The country saw a 7.4% population increase between 2010 and 2020, the second slowest in U.S. history. The south grew the fastest. The Midwest grew 3.1% this decade.
Local government leaders say every census is important because the numbers shape how much federal money comes back to local programs and how much representation the area gets in Washington, D.C.
The 2020 Census, however, is taking on more significance for the Miami Valley, experts say.
The count comes every 10 years, and this one will show how the region changed in the aftermath of the Great Recession and what happened to people displaced by the Memorial Day tornadoes.
According to a study from the George Washington University, each person not counted in Ohio is a loss of $1,800 per year for the state.
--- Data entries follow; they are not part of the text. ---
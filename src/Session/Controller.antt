-- ===== src/Session/Controller.antt =====
-- u_session_controller.go: the methods of sessionController, each as a function on the connection.
-- A method that asserts returns or panics; what a panic leaves behind is not modelled.
pub mod Checks
pub mod Sync
pub mod Invariant
pub mod Steps
pub mod Locked
use Checks.{
  is_state, is_not_built, was_loaded, assert_hello_not_built, assert_controller_state,
  assert_not_locked, assert_can_skip, panic_on_nil, slice_eq, same_session,
}
use utls.Base.{
  ℕ, Bool, true, false, not, ◌&&◌, ◌||◌, ◌==◌, List, [], ◌∷◌, map, Option, none, some, Bytes,
  length, if◌then◌else◌, Run, ok, panic, check, ◌>>=◌, ◌>>◌,
}
use utls.Session.State.{
  Tracker, never_called, utls_about_to_call, called_by_u_load_session, called_by_go_tls,
  ControllerState, no_session, session_ticket_ext_initialized, session_ticket_ext_all_set,
  psk_ext_initialized, psk_ext_all_set, BuildStatus, not_built, Session, PskIdentity,
  PreSharedKeyCommon, UConn, update,
}
use utls.Session.Extension.{initialize_ticket, initialize_psk, is_initialized, get_common, is_some}

-- newSessionController, put into a connection
unfoldable pub new_session_controller : UConn → UConn
new_session_controller u = record u {
  session_ticket_ext = none;
  psk_extension = none;
  state = no_session;
  locked = false;
  calling_load_session = false;
  tracker = never_called;
}

-- shouldLoadSessionResult
pub data ShouldLoad : Type 0 where
  should_return should_set_ticket should_set_psk should_load : ShouldLoad

unfoldable pub should_load_session : UConn → ShouldLoad
should_load_session u =
    if not (is_some u.session_ticket_ext) && not (is_some u.psk_extension)
    then should_return
    else if was_loaded u.tracker
    then should_return
    else if is_state u.state session_ticket_ext_initialized
    then should_set_ticket
    else if is_state u.state psk_ext_initialized
    then should_set_psk
    else should_load

unfoldable pub utls_about_to_load_session : UConn → Run UConn
utls_about_to_load_session u = do
  check (is_state u.state no_session && not u.locked)
  ok (record u { tracker = utls_about_to_call })

unfoldable pub final_check : UConn → Run UConn
final_check u = do
  assert_controller_state u (psk_ext_all_set ∷ session_ticket_ext_all_set ∷ no_session ∷ [])
  ok (record u { locked = true })

-- initializationGuard around InitializeByUtls of the ticket extension
init_ticket_at : Option Session → Option Bytes → ℕ → UConn → Run UConn
init_ticket_at session ticket p u = do
  check (not (u.tickets p).initialized)
  e ← initialize_ticket session ticket (u.tickets p)
  check e.initialized
  ok (record u { tickets = update u.tickets p e; state = session_ticket_ext_initialized })

init_ticket_or_skip : Option Session → Option Bytes → Option ℕ → UConn → Run UConn
init_ticket_or_skip session ticket none u = do assert_can_skip u; ok u
init_ticket_or_skip session ticket (some p) u = init_ticket_at session ticket p u

unfoldable pub init_session_ticket_ext : Option Session → Option Bytes → UConn → Run UConn
unfolding init_ticket_or_skip init_ticket_at
init_session_ticket_ext session ticket u = do
  assert_not_locked u
  assert_hello_not_built u
  assert_controller_state u (no_session ∷ [])
  panic_on_nil (false ∷ false ∷ [])
  init_ticket_or_skip session ticket u.session_ticket_ext u

-- initializationGuard around InitializeByUtls of the psk extension
init_psk_at : Option Session → Bytes → Bytes → List PskIdentity → ℕ → UConn → Run UConn
init_psk_at session early_secret binder_key identities p u = do
  check (not (is_initialized (u.psks p)))
  e ← initialize_psk session early_secret binder_key identities (u.psks p)
  check (is_initialized e)
  ok (record u { psks = update u.psks p e; state = psk_ext_initialized })

init_psk_or_skip : Option Session → Bytes → Bytes → List PskIdentity → Option ℕ → UConn → Run UConn
init_psk_or_skip session early_secret binder_key identities none u = do assert_can_skip u; ok u
init_psk_or_skip session early_secret binder_key identities (some p) u =
    init_psk_at session early_secret binder_key identities p u

-- The early secret stands for `earlySecret.Secret()`. The identities are copied field by field.
unfoldable pub init_psk_ext : Option Session → Bytes → Bytes → List PskIdentity → UConn → Run UConn
unfolding init_psk_or_skip init_psk_at
init_psk_ext session early_secret binder_key identities u = do
  assert_not_locked u
  assert_hello_not_built u
  assert_controller_state u (no_session ∷ [])
  panic_on_nil (false ∷ false ∷ false ∷ [])
  init_psk_or_skip session early_secret binder_key identities u.psk_extension u

set_ticket_at : Option ℕ → UConn → Run UConn
set_ticket_at none u = panic
set_ticket_at (some p) u = do
  check (is_state u.state session_ticket_ext_initialized)
  ok (record u {
    session = (u.tickets p).session;
    hello_session_ticket = (u.tickets p).ticket;
    state = session_ticket_ext_all_set;
  })

unfoldable pub set_session_ticket_to_u_conn : UConn → Run UConn
unfolding set_ticket_at
set_session_ticket_to_u_conn u = set_ticket_at u.session_ticket_ext u

-- `allTrue(hello.PskIdentities, …)` against `pskCommon.Identities[i]`, which panics out of range
same_identities : List PskIdentity → List PskIdentity → Run Bool
same_identities [] ext = ok true
same_identities (h ∷ hs) [] = panic
same_identities (h ∷ hs) (e ∷ es) =
    let rest = same_identities hs es in
    if e.obfuscated_ticket_age == h.obfuscated_ticket_age && slice_eq e.label h.label
    then rest
    else ok false

only_binders_change : PreSharedKeyCommon → UConn → Run (Unit {0})
only_binders_change c u =
    let identities = same_identities u.hello_psk_identities c.identities >>= check in
    if same_session u.session c.session && slice_eq u.early_secret c.early_secret
    then identities
    else panic

set_psk_common : PreSharedKeyCommon → UConn → Run UConn
set_psk_common c u =
    if is_state u.state psk_ext_initialized
    then ok (record u {
      early_secret = c.early_secret;
      session = c.session;
      hello_psk_identities = c.identities;
      hello_psk_binders = c.binders;
      binder_key = c.binder_key;
      state = psk_ext_all_set;
    })
    else (do
      only_binders_change c u
      ok (record u { binder_key = c.binder_key; state = psk_ext_all_set }))

set_psk_at : Option ℕ → UConn → Run UConn
set_psk_at none u = panic
set_psk_at (some p) u = do
  check (is_state u.state psk_ext_initialized || is_state u.state psk_ext_all_set)
  set_psk_common (get_common (u.psks p)) u

unfoldable pub set_psk_to_u_conn : UConn → Run UConn
unfolding set_psk_at set_psk_common only_binders_change same_identities
set_psk_to_u_conn u = set_psk_at u.psk_extension u

unfoldable pub should_update_binders : UConn → Bool
should_update_binders u =
    is_some u.psk_extension
    && (is_state u.state psk_ext_initialized || is_state u.state psk_ext_all_set)

-- overrideExtension; the flag says that the interface value is nil, `replaced` is the connection
-- after `override()`, and the state is set only for an initialised extension.
override_extension : Bool → Bool → UConn → ControllerState → UConn → Run UConn
override_extension is_nil initialized replaced initialized_state u = do
  panic_on_nil (is_nil ∷ [])
  assert_not_locked u
  assert_controller_state u (no_session ∷ [])
  ok (if initialized then record replaced { state = initialized_state } else replaced)

-- overridePskExt with the extension at an address, never nil; the error that it returns is always nil
unfoldable pub override_psk_ext : ℕ → UConn → Run UConn
unfolding override_extension
override_psk_ext p u =
    override_extension false (is_initialized (u.psks p)) (record u { psk_extension = some p })
      psk_ext_initialized u

unfoldable pub override_session_ticket_ext : ℕ → UConn → Run UConn
unfolding override_extension
override_session_ticket_ext p u =
    override_extension false (u.tickets p).initialized (record u { session_ticket_ext = some p })
      session_ticket_ext_initialized u

unfoldable pub on_enter_load_session_check : UConn → Run UConn
on_enter_load_session_check u = do
  check (not u.locked)
  check (not (was_loaded u.tracker))
  ok (record u { calling_load_session = true })

returned_from : Tracker → UConn → Run UConn
returned_from never_called u =
    ok (record u { tracker = called_by_go_tls; calling_load_session = false })
returned_from utls_about_to_call u =
    ok (record u { tracker = called_by_u_load_session; calling_load_session = false })
returned_from called_by_u_load_session u = panic
returned_from called_by_go_tls u = panic

unfoldable pub on_load_session_return : UConn → Run UConn
unfolding returned_from
on_load_session_return u = do check u.calling_load_session; returned_from u.tracker u

writes_binders : Tracker → Run Bool
writes_binders never_called = ok true
writes_binders utls_about_to_call = ok false
writes_binders called_by_u_load_session = panic
writes_binders called_by_go_tls = panic

unfoldable pub should_load_session_write_binders : UConn → Run Bool
unfolding writes_binders
should_load_session_write_binders u = do check u.calling_load_session; writes_binders u.tracker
State population counts are used to determine how many seats each state gets in the U.S. House of Representatives. There are 435 seats in the U.S. House based on the changing populations in each state.
The method for dividing up congressional seats has changed repeatedly since the first census in 1790. The current formula, known as “the method of equal proportions,” has been in place for 80 years, according to the Associated Press. Using that method, all 50 states are automatically assigned at least one seat. Numbers called multipliers are calculated and then multiplied against a state’s population. The resulting series of numbers are called “priority values,” which are then ranked. From there, the rest of the congressional seats are assigned to states based on the ranking of their state’s priority values.
The count also helps draw boundaries for congressional, state and local districts.
The data released today will only be state population totals and the number of congressional seats each state gets. More detailed data about race, Hispanic origin and housing at smaller geographic levels will be released no later than Sept. 30, U.S. Secretary of Commerce Gina Raimondo said.